> _SUPPLIED MATERIAL_
-- ===== src/Url.antt =====
-- aurl/abyss_url.go: the texts of abyss URLs. A text is the list of its code points. net.ParseIP,
-- strconv.Atoi (for ports that are not negative) and UDPAddr.String of Go are parameters.
pub mod Pieces
pub mod RoundTrip
mod Examples
use Prim.Native.Char.{code}
use abyss_core.Prelude.{
  ℕ, suc, String, nat_eq, Bool, true, false, not, ◌&&◌, ◌||◌, List, [], ◌∷◌, ◌++◌, Option, none,
  some, ◌==◌, ltb, leb, if◌then◌else◌, map,
}
use abyss_core.Interfaces.{UdpAddr}
use abyss_core.Functional.{Tried, value, failed}

abbrev pub Text : Type 0
Text = List ℕ

abbrev pub codes : String → Text
codes String.[] = []
codes (String.◌∷◌ c s) = code c ∷ codes s

-- ':', '/', '|', '[' and ']'.
abbrev pub colon : ℕ
colon = 58

abbrev pub slash : ℕ
slash = 47

abbrev pub bar : ℕ
bar = 124

abbrev pub bracket : ℕ
bracket = 91

abbrev pub close_bracket : ℕ
close_bracket = 93

pub record AbyssUrl : Type 0 where
  pub scheme : Text
  pub hash : Text
  pub addresses : List UdpAddr
  pub path : Text

-- The text before and after the first `c`: strings.Index and the two slices.
unfoldable pub cut : ℕ → Text → Option (Text × Text)
cut c [] = none
cut c (x ∷ xs) =
    let rest = cut c xs in
    if x == c
    then some ([], xs)
    else elim rest [ none ↦ none | some pair ↦ some (x ∷ pair.0, pair.1) ]

abbrev pub push : ℕ → List Text → List Text
push x [] = (x ∷ []) ∷ []
push x (p ∷ ps) = (x ∷ p) ∷ ps

-- strings.Split and strings.Join.
unfoldable pub split : ℕ → Text → List Text
split c [] = [] ∷ []
split c (x ∷ xs) = let rest = split c xs in if x == c then [] ∷ rest else push x rest

unfoldable pub join : ℕ → List Text → Text
join c [] = []
join c (p ∷ []) = p
join c (p ∷ q ∷ ps) = p ++ (c ∷ join c (q ∷ ps))

-- The text after a prefix.
unfoldable pub strip : Text → Text → Option Text
strip [] t = some t
strip (p ∷ ps) [] = none
strip (p ∷ ps) (x ∷ xs) = let rest = strip ps xs in if x == p then rest else none

-- unicode.IsSpace.
unfoldable pub is_space : ℕ → Bool
is_space c =
    (leb 9 c && leb c 13)
    || (c == 32)
    || (c == 133)
    || (c == 160)
    || (c == 5760)
    || (leb 8192 c && leb c 8202)
    || (c == 8232)
    || (c == 8233)
    || (c == 8239)
    || (c == 8287)
    || (c == 12288)

unfoldable pub trim_start : Text → Text
unfolding is_space
trim_start [] = []
trim_start (x ∷ xs) = let rest = trim_start xs in if is_space x then rest else x ∷ xs

abbrev pub put_before : ℕ → Text → Text
put_before x [] = if is_space x then [] else x ∷ []
put_before x (y ∷ ys) = x ∷ y ∷ ys

-- A space stays only before something that stays.
unfoldable pub trim_end : Text → Text
unfolding is_space
trim_end [] = []
trim_end (x ∷ xs) = put_before x (trim_end xs)

-- strings.TrimSpace.
unfoldable pub trim_space : Text → Text
unfolding trim_start trim_end
trim_space t = trim_end (trim_start t)

-- The characters of base58Chars.
unfoldable pub is_base58 : ℕ → Bool
is_base58 c =
    (leb 49 c && leb c 57)
    || ((leb 65 c && leb c 90) && not (c == 73) && not (c == 79))
    || ((leb 97 c && leb c 122) && not (c == 108))

unfoldable pub all_base58 : Text → Bool
unfolding is_base58
all_base58 [] = true
all_base58 (c ∷ cs) = is_base58 c && all_base58 cs

abbrev pub length : Text → ℕ
length [] = 0
length (c ∷ cs) = suc (length cs)

-- A character beyond ASCII is none of base58, so bytes and characters need not be told apart.
unfoldable pub is_valid_peer_id : Text → Bool
unfolding all_base58
is_valid_peer_id [] = false
is_valid_peer_id (c ∷ cs) =
    not (ltb (length (c ∷ cs)) 32) && (leb 65 c && leb c 90) && all_base58 cs

abbrev pub abyss : Text
abyss = codes "abyss"

abbrev pub url_of : Text → List UdpAddr → Text → Tried String AbyssUrl
url_of hash addresses path =
    if is_valid_peer_id hash
    then value (record { scheme = abyss; hash = hash; addresses = addresses; path = path })
    else failed "invalid peer hash"

-- An endpoint that is not read is left out.
unfoldable pub keep_addr : Option UdpAddr → List UdpAddr → List UdpAddr
keep_addr none rest = rest
keep_addr (some a) rest = a ∷ rest

module _ (parse_ip : Text → Option (List ℕ)) (atoi : Text → Option ℕ) where
  -- The address of an IP and a port, if both are read.
  unfoldable pub addr_of : Option (List ℕ) → Option ℕ → Option UdpAddr
  addr_of none port = none
  addr_of (some ip) none = none
  addr_of (some ip) (some port) = some (record { ip = ip; port = port })

  -- `[ip]:port`, after the bracket: the rest must begin with a colon.
  unfoldable pub bracketed : Option (Text × Text) → Option UdpAddr
  unfolding addr_of
  bracketed none = none
  bracketed (some (ip, [])) = none
  bracketed (some (ip, c ∷ port)) = if c == colon then addr_of (parse_ip ip) (atoi port) else none

  -- `ip:port`, cut at each colon.
  unfoldable pub plain_pair : List Text → Option UdpAddr
  unfolding addr_of
  plain_pair (ip ∷ port ∷ []) = addr_of (parse_ip ip) (atoi port)
  plain_pair _ = none

  unfoldable pub endpoint : Text → Option UdpAddr
  unfolding bracketed plain_pair cut split
  endpoint [] = none
  endpoint (c ∷ ep) =
      if c == bracket then bracketed (cut close_bracket ep) else plain_pair (split colon (c ∷ ep))

  unfoldable pub endpoints : List Text → List UdpAddr
  unfolding endpoint keep_addr
  endpoints [] = []
  endpoints (ep ∷ eps) = keep_addr (endpoint ep) (endpoints eps)

  -- Without a colon: the hash, and the path after a slash.
  unfoldable pub without_addresses : Text → Option (Text × Text) → Tried String AbyssUrl
  unfolding is_valid_peer_id
  without_addresses body none = url_of body [] []
  without_addresses body (some (hash, path)) = url_of hash [] path

  -- After the colon: the addresses, up to the path. A valid hash has no slash, so the first slash of
  -- the body is the first one after the colon.
  unfoldable pub with_addresses : Text → Text → Option (Text × Text) → Tried String AbyssUrl
  unfolding is_valid_peer_id endpoints split
  with_addresses hash rest none = url_of hash (endpoints (split bar rest)) []
  with_addresses hash rest (some (addrs, path)) = url_of hash (endpoints (split bar addrs)) path

  unfoldable pub cut_body : Text → Option (Text × Text) → Tried String AbyssUrl
  unfolding without_addresses with_addresses cut
  cut_body body none = without_addresses body (cut slash body)
  cut_body body (some (hash, rest)) = with_addresses hash rest (cut slash rest)

  unfoldable pub try_parse_abyss : Text → Tried String AbyssUrl
  unfolding cut_body cut
  try_parse_abyss [] = failed "empty address"
  try_parse_abyss (c ∷ body) = cut_body (c ∷ body) (cut colon (c ∷ body))

  -- Only a hash without a path is validated.
  unfoldable pub abyst_body : Text → Option (Text × Text) → Tried String AbyssUrl
  unfolding is_valid_peer_id
  abyst_body body none =
      if is_valid_peer_id body
      then value (record { scheme = codes "abyst"; hash = body; addresses = []; path = [] })
      else failed "invalid peer hash"
  abyst_body body (some (hash, path)) =
      value (record { scheme = codes "abyst"; hash = hash; addresses = []; path = path })

  unfoldable pub try_parse_abyst : Text → Tried String AbyssUrl
  unfolding abyst_body cut
  try_parse_abyst body = abyst_body body (cut slash body)

  unfoldable pub by_scheme : Option Text → Option Text → Tried String AbyssUrl
  unfolding try_parse_abyss try_parse_abyst
  by_scheme (some body) b = try_parse_abyss body
  by_scheme none (some body) = try_parse_abyst body
  by_scheme none none = failed "invalid scheme"

  unfoldable pub try_parse : Text → Tried String AbyssUrl
  unfolding by_scheme strip trim_space
  try_parse input =
      by_scheme (strip (codes "abyss:") (trim_space input))
        (strip (codes "abyst:") (trim_space input))

module _ (print_addr : UdpAddr → Text) where
  unfoldable pub print_from : Text → Text → List UdpAddr → Text → Text
  unfolding join
  print_from scheme hash [] path = scheme ++ (colon ∷ (hash ++ (slash ∷ path)))
  print_from scheme hash (a ∷ addresses) path =
      scheme
      ++ (colon ∷ (hash ++ (colon ∷ (join bar (map print_addr (a ∷ addresses)) ++ (slash ∷ path)))))

  unfoldable pub to_string : AbyssUrl → Text
  unfolding print_from
  to_string a = print_from a.scheme a.hash a.addresses a.path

> _WHAT THE TASK ASKS_
Look back at the data above. Transcribe exactly the lines starting at the line that contains "addr_of (some ip) (some" and ending at the line that contains "bracketed (some (ip, c".

> _YOUR SOLUTION_
  addr_of (some ip) (some port) = some (record { ip = ip; port = port })

  -- `[ip]:port`, after the bracket: the rest must begin with a colon.
  unfoldable pub bracketed : Option (Text × Text) → Option UdpAddr
  unfolding addr_of
  bracketed none = none
  bracketed (some (ip, [])) = none
  bracketed (some (ip, c ∷ port)) = if c == colon then addr_of (parse_ip ip) (atoi port) else none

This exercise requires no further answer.